Partout, les métropoles mondiales ferment bars, restaurants, écoles, universités, stades, musées. Italie, Espagne, France, Belgique ont décrété un confinement total qui oblige chacun, même les plus agités, à se recentrer sur la sphère privée ou sa richesse intérieure.

S’ouvre alors - pour ceux épargnés par la maladie ou l’angoisse qu’elle ne touche un proche - un champ inespéré de possibles : dormir, rêver, trainer, lire, aimer...

La lecture est évidemment le loisir privilégié, qu’on se promette d’attaquer Proust, ou Ulysse, le monument de James Joyce, avec les films et les séries. Mais le temps libre redessine aussi l’interaction sociale et familiale.

À Madrid, Monica appelle sa mère tous les jours, une habitude qu’elle « avait perdue ». À la frontière suisse, Emira couve sa nouvelle histoire d’amour avec un écrivain. À Gavardo, en Lombardie, Alessandra et sa famille réapprennent à « vivre ensemble » et à jouer aux cartes. À Bruxelles, Anna profite avec bonheur d’un congé de maternité prolongé.

Guillemette n’apprécie pas seulement le silence retrouvé, avec la fermeture de la boite sous son appartement parisien. Elle s’est lancée avec sa fille de 10 ans dans le jardinage : menthe, marjolaine et romarin ont été semés sur le rebord des fenêtres grâce aux graines offertes par la fleuriste voisine.

Gym et jeux

« Par précaution, j’avais fait le plein de jeux de société... C’est l’avantage des pessimistes : on a toujours un coup d’avance ! et je me surprends à aimer cette “slow life” ».

Lorenzo, qui court d’habitude le monde de Kaboul à Dacca pour y développer des stratégies anticorruption, relève ses manches et teste de nouvelles recettes : « Hier, risotto aux asperges — c’est la saison — et poulet safran-thé vert. C’est super : on trouve tout dans les magasins et on a le temps ! ».

Pour surveiller sa ligne dans son deux pièces, il a téléchargé un guide du sport en cellule de prison. « Je me serais bien enfermé avec une moitié, mais bon : seul, c’est bien aussi ! » ajoute ce célibataire récidivant, qui va enfin pouvoir dévorer un énorme pavé, The Nature of Paleolithic Art.

Pour Elmira et Matt, cette mise aux arrêts domiciliaires agit comme un précipité érotique : le couple australo-irlandais, qui réside de part et d’autre de la frontière franco-suisse et travaille à Genève, s’est rencontré récemment : « On a choisi de s’enfermer ensemble chez moi (côté français au bord du lac Léman) et d’apprendre à mieux se connaître » dit-elle. « On cuisine, on lit, on rit et on passe beaucoup de temps au lit ! ».

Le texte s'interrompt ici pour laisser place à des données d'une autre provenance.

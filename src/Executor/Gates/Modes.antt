-- ===== src/Executor/Gates/Modes.antt =====
-- What the modes of an agent mean for what the executor does.
use tunshell_mcp_agents.Prelude.{
  ℕ, ◌≡◌, refl, List, Option, some, Bool, true, false, ◌&&◌, not, if◌then◌else◌, all, arith,
  Bool-cases, Option-cases, inl, inr, subst,
}
use tunshell_mcp_agents.Relay.Types.{AgentMode, plan, edit, bypass, disabled}
use tunshell_mcp_agents.Safety.Words.{Text, contains_char}
use tunshell_mcp_agents.Safety.Commands.{SecurityConfig, check_command_allowed}
use tunshell_mcp_agents.Safety.Commands.Plan.{plan-writes_nothing}
use tunshell_mcp_agents.Safety.Paths.{PathError, check_path_allowed}
use tunshell_mcp_agents.Executor.Files.{
  receive_chunk, receive_chunk_raw, is_allowed, walk_dir, allowed_path,
}
use tunshell_mcp_agents.Executor.Execute.{
  execute, run_command, run_dir_manifest, recv_file_chunk, recv_file_chunk_raw, transfer_security,
  is_disabled_mode, when_writable,
}
use tunshell_mcp_agents.Executor.Gates.{
  is_write, commands_of, permitted, command_allowed, Safe, require-All, map_run-Safe,
}
use tunshell_mcp_agents.Executor.Gates.Files.{
  receive_chunk-permitted, receive_chunk_raw-permitted, all_mono,
}
use tunshell_mcp_agents.Executor.Gates.Arms.{execute_gated}
use tunshell_mcp_agents.Executor.Types.{
  allows_write, bail, require, path_checked, map_run, Command, Effect, ExecError, Environment,
  AgentState, Run, dir_manifest, not_accepting, is_disabled, write_not_allowed, path_refused, ok,
  manifest_result, returned, bailed,
}

no_redirection :
    (env : Environment) (sec : SecurityConfig) (command : Text)
    → command_allowed env plan sec command ≡ true
    → not (contains_char command 62) ≡ true
unfolding command_allowed
no_redirection env sec command h =
    elim (Option-cases (check_command_allowed env.to_lowercase command plan sec)) [
      | inl e ↦ rw (plan-writes_nothing env.to_lowercase command sec e).0 refl
      | inr (x, e) ↦ absurd (ground (arith, e, h))
    ]

-- An effect that writes nothing, and whose commands have no `>`.
abbrev is_quiet : Effect → Bool
is_quiet e = not (is_write e) && all (λ c. not (contains_char c 62)) (commands_of e)

quiet :
    (env : Environment) (sec : SecurityConfig) (e : Effect)
    → permitted env plan sec e ≡ true
    → is_quiet e ≡ true
unfolding permitted allows_write
quiet env sec e h =
    let commands =
      all_mono (command_allowed env plan sec) (λ c. not (contains_char c 62)) (commands_of e)
        (no_redirection env sec) (ground (arith, h)) in
    ground (arith, h, commands)

-- In Plan mode, whatever a peer asks for, the executor writes and removes no file, takes no
-- backup, changes no git repository and starts or stops no tunnel, and no shell command that it
-- runs or schedules has a `>`.
pub plan_keeps_files :
    (env : Environment) (st : AgentState) (command : Command)
    → st.mode ≡ plan
    → all
        (λ e. not (is_write e) && all (λ c. not (contains_char c 62)) (commands_of e))
        (execute env st command).effects
      ≡ true
plan_keeps_files env st command m =
    all_mono (permitted env plan st.security) is_quiet (execute env st command).effects
      (quiet env st.security)
      (subst (λ mode. all (permitted env mode st.security) (execute env st command).effects ≡ true)
        m (execute_gated env st command))

-- A node that accepts no commands or whose agent is disabled does nothing for a peer: a command,
-- and a slice of a file in either encoding, fail before any call is made.
pub refuses_all :
    (env : Environment) (st : AgentState) (command : Command) (dest encoded : Text) (raw : List ℕ)
    (offset : ℕ) (eof : Bool) (sha256 : Option Text) (over_udp : Bool)
    → st.accepts_commands && not (is_disabled_mode st.mode) ≡ false
    → ((e : ExecError) × (execute env st command ≡ bail e))
      × ((e : ExecError) × (recv_file_chunk env st dest offset encoded eof sha256 over_udp
            ≡ bail e))
      × ((e : ExecError) × (recv_file_chunk_raw env st dest offset raw eof sha256 over_udp
            ≡ bail e))
unfolding execute recv_file_chunk recv_file_chunk_raw require when_writable allows_write
refuses_all env st command dest encoded raw offset eof sha256 over_udp h =
    elim (Bool-cases st.accepts_commands) [
      | inr a ↦ rw a ((not_accepting, refl), (not_accepting, refl), (not_accepting, refl))
      | inl a ↦
          rw (a, mode_disabled st.mode (ground (arith, a, h)))
            ((is_disabled, refl), (write_not_allowed, refl), (write_not_allowed, refl))
    ]
  where
    mode_disabled : (mode : AgentMode) → not (is_disabled_mode mode) ≡ false → mode ≡ disabled
    mode_disabled disabled k = refl
    mode_disabled plan k = absurd (ground arith)
    mode_disabled edit k = absurd (ground arith)
    mode_disabled bypass k = absurd (ground arith)

transfer_paths :
    (env : Environment) (st : AgentState) (over_udp : Bool) (path : Text)
    → is_allowed env (transfer_security env st over_udp st.security) path ≡ true
    → is_allowed env st.security path ≡ true
unfolding is_allowed check_path_allowed
transfer_paths env st false path h = h
transfer_paths env st true path h = h

received :
    (env : Environment) (st : AgentState) (run : Run Unit)
    → (allows_write st.mode ≡ true → Safe (permitted env st.mode st.security) run)
    → Safe
        (permitted env st.mode st.security)
        (require st.accepts_commands not_accepting (when_writable env st (map_run (λ u. ok) run)))
unfolding when_writable
received env st run h =
    let P = permitted env st.mode st.security in
    let writing = require (allows_write st.mode) write_not_allowed (map_run (λ u. ok) run) in
    require-All P st.accepts_commands not_accepting writing (λ a.
      require-All P (allows_write st.mode) write_not_allowed (map_run (λ u. ok) run)
        (λ w. map_run-Safe P (λ u. ok) run (h w)))

-- A slice of a file that arrives over the relay or the direct channel is handled within the same
-- gates as a command: in Edit and Bypass only, and at an allowed path. Lifting the size limit for
-- the direct channel lifts none of them.
pub recv_gated :
    (env : Environment) (st : AgentState) (dest encoded : Text) (raw : List ℕ) (offset : ℕ)
    (eof : Bool) (sha256 : Option Text) (over_udp : Bool)
    → (all
          (permitted env st.mode st.security)
          (recv_file_chunk env st dest offset encoded eof sha256 over_udp).effects
        ≡ true)
      × (all
            (permitted env st.mode st.security)
            (recv_file_chunk_raw env st dest offset raw eof sha256 over_udp).effects
          ≡ true)
unfolding Safe recv_file_chunk recv_file_chunk_raw
recv_gated env st dest encoded raw offset eof sha256 over_udp =
    let sec = transfer_security env st over_udp st.security in
    let agree = transfer_paths env st over_udp in
    (
      received env st (receive_chunk env sec dest offset encoded eof sha256) (λ w.
          receive_chunk-permitted env st.mode sec st.security agree w dest offset encoded eof
            sha256),
      received env st (receive_chunk_raw env sec dest offset raw eof sha256) (λ w.
          receive_chunk_raw-permitted env st.mode sec st.security agree w dest offset raw eof
            sha256),
    )

-- `DirManifest` asks whether its path is a directory before the path is checked: for a path that
-- the policy denies, an enabled node answers without an error exactly if it is no directory.
pub dir_manifest-discloses :
    (env : Environment) (st : AgentState) (path : Text) (with_hash : Bool) (exclude : List Text)
    (denied : PathError)
    → st.accepts_commands && not (is_disabled_mode st.mode) ≡ true
    → check_path_allowed env.cwd path st.security ≡ some denied
    → (execute env st (dir_manifest path with_hash exclude)).outcome
      ≡ (if env.is_dir path then bailed (path_refused denied) else returned (manifest_result false))
unfolding execute require run_command run_dir_manifest walk_dir allowed_path path_checked map_run
dir_manifest-discloses env st path with_hash exclude denied h p =
    elim (Bool-cases st.accepts_commands) [
      | inr a ↦ absurd (ground (arith, a, h))
      | inl a ↦ elim (Bool-cases (not (is_disabled_mode st.mode))) [
        | inr d ↦ absurd (ground (arith, a, d, h))
        | inl d ↦ rw (a, d, p) refl
      ]
    ]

Pour Yann, visionner l’intégrale des films avec Ginger Rodgers avec sa copine « permet de s’abstraire de la situation anxiogène et de plonger dans un autre univers ». Ce fonctionnaire européen à Bruxelles redécouvre aussi les plaisirs du bricolage : réparer son vélo ou des objets dans la maison, « ça permet de sentir qu’on a un contrôle sur son environnement immédiat, à défaut de contrôler le virus ».

Triathlon en chambre

« Dans cette situation, vous réalisez la capacité d’adaptation de l’être humain, sa résilience » : Monica s’entrainait quotidiennement trois à quatre heures pour participer à un Ironman, triathlon long format. « Enfermée dans 60 m2 », elle refuse de lâcher et continue en utilisant tous les objets de la maison pour se renforcer, même les cruches d’eau, court et roule à vélo dans son salon, sur place grâce à un système de rouleaux.

« Je pensais devenir folle, sans voir personne. Mais on réalise combien de gens nous aiment et s’inquiètent, et avec les amis, on organise des apéros vidéo via WhatsApp ».

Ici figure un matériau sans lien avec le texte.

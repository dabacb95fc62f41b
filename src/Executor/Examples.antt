-- ===== src/Executor/Examples.antt =====
-- An agent in Plan mode, one in Edit mode and one that is disabled, on a small host.
use tunshell_mcp_agents.Prelude.{◌∷◌, [], ◌≡◌, refl, none, some, true, false, ◌&&◌, not, all}
use tunshell_mcp_agents.Relay.Types.{AgentMode, plan, edit, disabled}
use tunshell_mcp_agents.Safety.Words.{text, contains_char}
use tunshell_mcp_agents.Safety.Examples.{policy, same_text}
use tunshell_mcp_agents.Safety.Paths.{denied_by_policy}
use tunshell_mcp_agents.Safety.Paths.Policy.{check_path_allowed-below_denied}
use tunshell_mcp_agents.Executor.Execute.{execute, recv_file_chunk, recv_file_chunk_raw}
use tunshell_mcp_agents.Executor.Gates.{is_write, commands_of, permitted}
use tunshell_mcp_agents.Executor.Gates.Modes.{
  plan_keeps_files, refuses_all, recv_gated, dir_manifest-discloses,
}
use tunshell_mcp_agents.Executor.Types.{
  bail, ExecError, Environment, AgentState, exec, dir_manifest, get_info, manifest_result,
  file_or_link, returned, regular, end,
}

abbrev host : Environment
host = record {
  cwd = [];
  home_dir = none;
  to_lowercase = same_text;
  decode_base64 = λ s. some s;
  succeeds = λ e. true;
  exits_zero = λ e. true;
  file_size = λ p. 3;
  exists = λ p. true;
  is_dir = λ p. false;
  kind_of = λ p. file_or_link;
  listing = λ p. regular (text "a") end;
  sha256_file = λ p. [];
  resume_runner = λ p i. true;
  claude_session_cwd = λ i. none;
  task_known = λ i. true;
  transfer_known = λ i. false;
}

abbrev agent : AgentMode → AgentState
agent mode = record {
  mode = mode;
  accepts_commands = true;
  security = policy;
  autonomous_enabled = false;
}

plan_keeps_files_example :
    all
      (λ e. not (is_write e) && all (λ c. not (contains_char c 62)) (commands_of e))
      (execute host (agent plan) (exec (text "cat a|ls") none none)).effects
    ≡ true
plan_keeps_files_example =
    plan_keeps_files host (agent plan) (exec (text "cat a|ls") none none) refl

refuses_all_example :
    ((e : ExecError) × (execute host (agent disabled) get_info ≡ bail e))
    × ((e : ExecError) × (recv_file_chunk host
            (agent disabled)
            (text "/a")
            0
            (text "b")
            true
            none
            true
          ≡ bail e))
    × ((e : ExecError) × (recv_file_chunk_raw host
            (agent disabled)
            (text "/a")
            0
            (1 ∷ [])
            true
            none
            true
          ≡ bail e))
refuses_all_example =
    refuses_all host (agent disabled) get_info (text "/a") (text "b") (1 ∷ []) 0 true none true refl

recv_gated_example :
    (all
        (permitted host edit policy)
        (recv_file_chunk host (agent edit) (text "/a") 0 (text "b") true none true).effects
      ≡ true)
    × (all
          (permitted host edit policy)
          (recv_file_chunk_raw host (agent edit) (text "/a") 0 (1 ∷ []) true none true).effects
        ≡ true)
recv_gated_example = recv_gated host (agent edit) (text "/a") (text "b") (1 ∷ []) 0 true none true

dir_manifest-discloses_example :
    (execute host (agent plan) (dir_manifest (text "/etc/ssh/key") false [])).outcome
    ≡ returned (manifest_result false)
dir_manifest-discloses_example =
    dir_manifest-discloses host (agent plan) (text "/etc/ssh/key") false []
      (denied_by_policy (text "/etc/ssh/key")) refl
      (check_path_allowed-below_denied [] policy (text "/tmp" ∷ []) 47 (text "etc") []
        (text "ssh/key") refl tt)
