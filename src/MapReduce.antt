-- ===== src/MapReduce.antt =====
-- crates/mcp-server/src/mapreduce.rs: distributed map/reduce jobs.
pub mod Partition
pub mod Job
mod Examples
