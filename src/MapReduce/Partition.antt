-- ===== src/MapReduce/Partition.antt =====
-- `partition` of mapreduce.rs: balanced consecutive slices of the input.
use native.Mathlib.Nat.{div-add-mod}
use tunshell_mcp_agents.Prelude.{
  ℕ, zero, suc, ◌+◌, ◌-◌, ◌*◌, ◌/◌, ◌%◌, ◌≤◌, ◌<◌, min, List, [], ◌∷◌, ◌≡◌, refl, ap, Bool, false,
  ◌||◌, if◌then◌else◌, arith, length, take, drop, concat, All, ltb, nat_beq, length-take,
  length-drop, take-append-drop, ◌⊎◌,
}

-- `let len = base + if i < rem { 1 } else { 0 }`
pub part_len : ℕ → ℕ → ℕ → ℕ
part_len base rem i = base + (if ltb i rem then 1 else 0)

module _ {ℓ} {A : Type ℓ} where
  -- The loop over `i in 0..n`, with `left` rounds to go; `rest` is `items[start..]`.
  pub partition_loop : ℕ → ℕ → ℕ → ℕ → List A → List (List A)
  partition_loop base rem zero i rest = []
  partition_loop base rem (suc left) i rest =
      take (part_len base rem i) rest
      ∷ partition_loop base rem left (i + 1) (drop (part_len base rem i) rest)

  pub partition : List A → ℕ → List (List A)
  partition items workers =
      if nat_beq (length items) 0 || nat_beq workers 0
      then []
      else let n = min workers (length items) in
        partition_loop (length items / n) (length items % n) n 0 items

-- The items that the rounds from `i` on take.
abbrev remaining : ℕ → ℕ → ℕ → ℕ → ℕ
remaining base rem left i = left * base + (rem - i)

part_len_step :
    (base rem left i : ℕ)
    → rem ≤ i + suc left
    → remaining base rem (suc left) i ≡ part_len base rem i + remaining base rem left (i + 1)
unfolding part_len
part_len_step base rem left i h = grind arith

part_len_bounds : (base rem i : ℕ) → (base ≤ part_len base rem i) × (part_len base rem i ≤ base + 1)
unfolding part_len
part_len_bounds base rem i = ground arith

size_of :
    {base len total size : ℕ}
    → size ≡ min len total
    → (base ≤ len) × (len ≤ base + 1)
    → len ≤ total
    → (base ≤ size) × (size ≤ base + 1)
size_of e b h = (omega arith, omega arith)

division_facts :
    (n k : ℕ) → 0 < k → k ≤ n → (n ≡ remaining (n / k) (n % k) k 0) × (n % k ≤ 0 + k) × (1 ≤ n / k)
division_facts n k h le =
    let e = div-add-mod n k in
    let lt : n % k < k = grind arith in (grind (arith, e), omega arith, grind (arith, e))

module _ {ℓ} {A : Type ℓ} where
  length-partition_loop :
      (base rem left i : ℕ) (rest : List A) → length (partition_loop base rem left i rest) ≡ left
  unfolding partition_loop
  length-partition_loop base rem zero i rest = refl
  length-partition_loop base rem (suc left) i rest =
      ap suc (length-partition_loop base rem left (i + 1) _)

  concat-partition_loop :
      (base rem left i : ℕ) (rest : List A)
      → length rest ≡ remaining base rem left i
      → rem ≤ i + left
      → concat (partition_loop base rem left i rest) ≡ rest
  unfolding partition_loop
  concat-partition_loop base rem zero i [] h k = refl
  concat-partition_loop base rem zero i (x ∷ rest) h k = absurd (omega arith)
  concat-partition_loop base rem (suc left) i rest h k =
      let len = part_len base rem i in
      rw
        (concat-partition_loop base rem left (i + 1) (drop len rest)
          (omega (arith, length-drop len rest, part_len_step base rem left i k)) (omega arith))
        (take-append-drop len rest)

  -- Each slice has the length of its round, and so `base` or one more, and is not empty.
  sizes-partition_loop :
      (base rem left i : ℕ) (rest : List A)
      → length rest ≡ remaining base rem left i
      → rem ≤ i + left
      → All (λ p. (base ≤ length p) × (length p ≤ base + 1)) (partition_loop base rem left i rest)
  unfolding partition_loop
  sizes-partition_loop base rem zero i rest h k = tt
  sizes-partition_loop base rem (suc left) i rest h k =
      let len = part_len base rem i in
      let step = part_len_step base rem left i k in
      (
        size_of (length-take len rest) (part_len_bounds base rem i) (omega (arith, step)),
        sizes-partition_loop base rem left (i + 1) (drop len rest)
            (omega (arith, length-drop len rest, step)) (omega arith),
      )

  abbrev items_nonempty : List A → ℕ → Bool
  items_nonempty items workers = nat_beq (length items) 0 || nat_beq workers 0

  -- With workers and input, the slices make up the input in its order, there are as many slices as
  -- the smaller of the two numbers, none is empty, and their lengths differ by at most one.
  pub partition-balanced :
      (items : List A) (workers : ℕ)
      → 0 < length items
      → 0 < workers
      → let parts = partition items workers in
        let base = length items / min workers (length items) in
        (concat parts ≡ items)
        × (length parts ≡ min workers (length items))
        × (1 ≤ base)
        × All (λ p. (base ≤ length p) × (length p ≤ base + 1)) parts
  unfolding partition
  partition-balanced items workers hi hw =
      let n = min workers (length items) in
      let base = length items / n in
      let rem = length items % n in
      let facts = division_facts (length items) n (omega arith) (omega arith) in
      let go : items_nonempty items workers ≡ false = ground arith in
      let total : length items ≡ remaining base rem n 0 = facts.0 in
      let small : rem ≤ 0 + n = facts.1 in
      rw go (
        concat-partition_loop base rem n 0 items total small,
        length-partition_loop base rem n 0 items,
        facts.2,
        sizes-partition_loop base rem n 0 items total small,
      )

  -- No input or no worker, no slice.
  partition-none :
      (items : List A) (workers : ℕ)
      → (length items ≡ 0) ⊎ (workers ≡ 0)
      → partition items workers ≡ []
  unfolding partition
  partition-none items workers h = ground arith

Carolina, également madrilène, avoue qu’elle a fait plus de masques de beauté en quatre jours que dans toute sa vie. Surtout, « en discutant avec ma fille de 8 ans, je découvre plein de choses que je n’avais jamais remarquées en courant tout le temps. Et pour le couple, ce n’est pas mal non plus de reconnecter ».

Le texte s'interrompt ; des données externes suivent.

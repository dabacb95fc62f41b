-- ===== src/MapReduce/Job.antt =====
-- `JobState` and `run_job` of mapreduce.rs. `dispatch` is the transport: what it answers to a
-- command may depend on the round, as the answers of a network do. Formatted error texts are the
-- constructors of `JobError`; `to_json` is `serde_json::to_string`.

pub mod Recorded
pub mod Rounds
use tunshell_mcp_agents.Prelude.{
  ℕ, zero, suc, ◌+◌, String, List, [], ◌∷◌, map, Option, none, some, Bool, true, false, ◌&&◌, not,
  if◌then◌else◌, length, get_elem?, set, replicate, all, any, select, leb, ltb,
}
use tunshell_mcp_agents.MapReduce.Partition.{partition}

pub data PartitionStatus : Type 0 where
  pending : PartitionStatus
  done : String → PartitionStatus
  failed : String → PartitionStatus

pub record JobState : Type 0 where
  pub job_id : String
  pub partitions : List PartitionStatus
  pub attempts : List ℕ

pub data Reply : Type 0 where
  ok : String → Reply
  err : String → Reply

pub data Command : Type 0 where
  map_task : String → ℕ → String → String → Command
  reduce_task : String → String → List String → Command

-- `map_result` and `reduce_result` carry output, success and error; any other variant is known by
-- its debug text.
pub data CommandResult : Type 0 where
  map_result : String → Bool → Option String → CommandResult
  reduce_result : String → Bool → Option String → CommandResult
  other_result : String → CommandResult

pub data Transport : Type 0 where
  answered : CommandResult → Transport
  lost : String → Transport

pub data JobError : Type 0 where
  exhausted : String → List ℕ → ℕ → JobError
  stalled : String → JobError
  incomplete : String → JobError
  reported : String → JobError

pub data JobResult : Type 0 where
  finished : String → JobResult
  aborted : JobError → JobResult

pub new_job : String → ℕ → JobState
new_job job_id count = record {
  job_id = job_id;
  partitions = replicate count pending;
  attempts = replicate count 0;
}

abbrev pub is_failed : PartitionStatus → Bool
is_failed (failed e) = true
is_failed s = false

abbrev pub is_pending : PartitionStatus → Bool
is_pending pending = true
is_pending s = false

abbrev pub is_done : PartitionStatus → Bool
is_done (done o) = true
is_done s = false

-- `self.attempts[idx] += 1`
pub bump : List ℕ → ℕ → List ℕ
bump [] i = []
bump (a ∷ as') zero = (a + 1) ∷ as'
bump (a ∷ as') (suc i) = a ∷ bump as' i

abbrev with_reply : JobState → ℕ → Reply → JobState
with_reply job idx (ok output) = record job { partitions = set job.partitions idx (done output) }
with_reply job idx (err error) = record job {
  partitions = set job.partitions idx (failed error);
  attempts = bump job.attempts idx;
}

-- `record`: the new state, and whether the id is in range.
pub record_result : JobState → ℕ → Reply → JobState × Bool
record_result job idx reply = elim (get_elem? job.partitions idx) [
  | none ↦ (job, false)
  | some old ↦ (with_reply job idx reply, true)
]

-- `enumerate().filter(pred).map(index)` from position `i`.
pub ids_from : (PartitionStatus → Bool) → ℕ → List PartitionStatus → List ℕ
ids_from pred i [] = []
ids_from pred i (s ∷ ss) = let rest = ids_from pred (i + 1) ss in if pred s then i ∷ rest else rest

abbrev pub failed_ids : JobState → List ℕ
failed_ids job = ids_from is_failed 0 job.partitions

abbrev pub pending_ids : JobState → List ℕ
pending_ids job = ids_from is_pending 0 job.partitions

-- `attempts.get(id).copied().unwrap_or(0)`
pub attempts_of : JobState → ℕ → ℕ
attempts_of job id = elim (get_elem? job.attempts id) [ none ↦ 0 | some n ↦ n ]

pub redispatchable : JobState → ℕ → List ℕ
redispatchable job max_retries =
    select (λ id. leb (attempts_of job id) max_retries) (failed_ids job)

pub is_exhausted : JobState → ℕ → Bool
is_exhausted job max_retries = any (λ id. ltb max_retries (attempts_of job id)) (failed_ids job)

abbrev nonempty {ℓ} : {A : Type ℓ} → List A → Bool
nonempty [] = false
nonempty (x ∷ xs) = true

pub is_complete : JobState → Bool
is_complete job = nonempty job.partitions && all is_done job.partitions

abbrev output_of : PartitionStatus → String
output_of (done o) = o
output_of s = ""

pub outputs : JobState → Option (List String)
unfolding is_complete
outputs job = if not (is_complete job) then none else some (map output_of job.partitions)

abbrev or_text : Option String → String → String
or_text none t = t
or_text (some s) t = s

module _ (to_json : List String → Option String) where
  pub map_tasks : String → String → ℕ → List (List String) → List Command
  map_tasks job_id map_fn i [] = []
  map_tasks job_id map_fn i (p ∷ parts) =
      map_task job_id i map_fn (or_text (to_json p) "[]") ∷ map_tasks job_id map_fn (i + 1) parts

  pub plan_map_tasks : String → List String → String → ℕ → JobState × List Command
  plan_map_tasks job_id items map_fn workers =
      let parts = partition items workers in
      (new_job job_id (length parts), map_tasks job_id map_fn 0 parts)

pub build_reduce_task : JobState → String → Option Command
build_reduce_task job reduce_fn = elim (outputs job) [
  | none ↦ none
  | some inputs ↦ some (reduce_task job.job_id reduce_fn inputs)
]

abbrev folded : String → Bool → Option String → Reply
folded output success error =
    if success then ok output else err (or_text error "map/reduce reported failure")

pub result_outcome : Transport → Reply
result_outcome (answered (map_result output success error)) = folded output success error
result_outcome (answered (reduce_result output success error)) = folded output success error
result_outcome (answered (other_result text)) = err text
result_outcome (lost e) = err e

-- The reply to one command is recorded; an id is an index of `tasks`.
pub after_task : (Command → Transport) → JobState → ℕ → Option Command → JobState
unfolding result_outcome
after_task dispatch job id none = job
after_task dispatch job id (some task) = (record_result job id (result_outcome (dispatch task))).0

-- The replies of one round, recorded in the order of the ids.
pub dispatch_round : (Command → Transport) → List Command → JobState → List ℕ → JobState
unfolding after_task
dispatch_round dispatch tasks job [] = job
dispatch_round dispatch tasks job (id ∷ ids) =
    dispatch_round dispatch tasks (after_task dispatch job id (get_elem? tasks id)) ids

-- The retry loop, from round `round` on: the job when it is complete, with the number of the next
-- round, or the error. `none` means that the fuel ran out.
pub data Mapped : Type 0 where
  complete : ℕ → JobState → Mapped
  gave_up : JobError → Mapped

pub retry_loop : (ℕ → Command → Transport) → List Command → ℕ → ℕ → ℕ → JobState → Option Mapped
retry_loop dispatch tasks max_retries zero round job = none
retry_loop dispatch tasks max_retries (suc fuel) round job =
    let retry = redispatchable job max_retries in
    let again =
      retry_loop dispatch tasks max_retries fuel (round + 1)
        (dispatch_round (dispatch round) tasks job retry) in
    if is_complete job
    then some (complete round job)
    else if is_exhausted job max_retries
    then some (gave_up (exhausted job.job_id (failed_ids job) max_retries))
    else if not (nonempty retry)
    then some (gave_up (stalled job.job_id))
    else again

pub reduce_phase : (Command → Transport) → JobState → String → JobResult
reduce_phase dispatch job reduce_fn =
    elim (if nonempty job.partitions
      then build_reduce_task job reduce_fn
      else some (reduce_task job.job_id reduce_fn [])) [
        | none ↦ aborted (incomplete job.job_id)
        | some task ↦ elim (result_outcome (dispatch task)) [
          | ok output ↦ finished output
          | err e ↦ aborted (reported e)
        ]
      ]

-- What follows the retry loop: its error, or the reduce phase.
pub after_map : (ℕ → Command → Transport) → String → Option Mapped → Option JobResult
unfolding reduce_phase
after_map dispatch reduce_fn none = none
after_map dispatch reduce_fn (some (gave_up e)) = some (aborted e)
after_map dispatch reduce_fn (some (complete round job)) =
    some (reduce_phase (dispatch round) job reduce_fn)

-- `run_job`: round 0 dispatches every partition, the retries are rounds 1, 2, …
pub run_job :
    (List String → Option String)
    → (ℕ → Command → Transport)
    → ℕ
    → String
    → List String
    → String
    → String
    → ℕ
    → ℕ
    → Option JobResult
run_job to_json dispatch fuel job_id items map_fn reduce_fn workers max_retries =
    let (job, tasks) = plan_map_tasks to_json job_id items map_fn workers in
    if nonempty job.partitions
    then after_map dispatch reduce_fn (
        retry_loop dispatch tasks max_retries fuel 1
          (dispatch_round (dispatch 0) tasks job (pending_ids job)))
    else some (reduce_phase (dispatch 0) job reduce_fn)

Emmanuela, jeune retraitée romaine, constate que beaucoup en profite pour faire du vide chez eux. « On prend juste le temps de réfléchir, de regarder autour de soi ».

Enfermé avec ses parents, son fils Leo, 25 ans, trouve surtout les soirées longues. « L’autre soir, il m’a dit, je vais finir par tenter ma chance avec toi, maman... je commence à te trouver belle ! Heureusement, il a de l’humour ».